One source with knowledge of the league's thinking has openly questioned the referees' leverage, telling ESPN.com last month and reiterating this week that he expects the refs -- in this depressed economy -- to ultimately accept the additional reduction from $2.5 million to $3.2 million when faced with the reality of not working.

The referees have scheduled a meeting in Chicago next week to discuss their next steps, with their annual training camp in New Jersey -- scheduled to start Sept. 20 -- on hold.

It appears more likely that the league will be setting up a training camp for replacement referees for the first time since the 1995-96 season, when refs were locked out for more than two months before reaching an agreement to return to work in December 1995.

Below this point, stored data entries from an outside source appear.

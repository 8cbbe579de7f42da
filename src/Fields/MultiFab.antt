-- ===== src/Fields/MultiFab.antt =====
-- What the code uses of amrex::MultiFab, with its components as fields on the grid.
use hipace.Prelude.{ℕ, ◌+◌, ◌≤◌, ◌<◌, ◌≡◌, ◌⊎◌}

-- Reals R, multifabs M, and fields on the grid F, one for each component.
pub record MultiFabs (R M F : Type 0) : Type 0 where
  pub component : M → ℕ → F
  pub plus : F → F → F
  -- `copy dst src srccomp dstcomp numcomp` is MultiFab::Copy, and `add` with the same arguments is
  -- MultiFab::Add; they return the new destination.
  pub copy : M → M → ℕ → ℕ → ℕ → M
  pub add : M → M → ℕ → ℕ → ℕ → M
  pub component-copy_in :
      (dst src : M) (srccomp dstcomp numcomp i : ℕ)
      → i < numcomp
      → component (copy dst src srccomp dstcomp numcomp) (dstcomp + i) ≡ component src (srccomp + i)
  pub component-copy_out :
      (dst src : M) (srccomp dstcomp numcomp c : ℕ)
      → (c < dstcomp) ⊎ (dstcomp + numcomp ≤ c)
      → component (copy dst src srccomp dstcomp numcomp) c ≡ component dst c
  pub component-add_one_in :
      (dst src : M) (srccomp dstcomp : ℕ)
      → component (add dst src srccomp dstcomp 1) dstcomp
        ≡ plus (component dst dstcomp) (component src srccomp)
  pub component-add_one_out :
      (dst src : M) (srccomp dstcomp c : ℕ)
      → (c < dstcomp) ⊎ (dstcomp < c)
      → component (add dst src srccomp dstcomp 1) c ≡ component dst c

Two current vets refs, Bill Kennedy and former NBA player Leon Wood, are notable examples of 1995 replacement referees who wound up working in the league full time.

The referees have argued against the severity of a 10-percent budget cut by insisting that the late hours they work and difficult travel conditions they endure -- in addition to the injury risks and daily scrutiny they're subjected to -- make them unlike any other group of NBA employees. The refs' union has also protested the reductions by questioning the raises it says have been awarded to three senior league officials in New York -- Ron Johnson, Bernie Fryer and Joe Borgia -- who oversee the referee program.

McMorris also represents Major League Baseball umpires, whose labor contract expires Dec. 31. But the baseball negotiations, in the words of president of the umpires' union Joe West, are on track "to get a deal done well in advance of that date."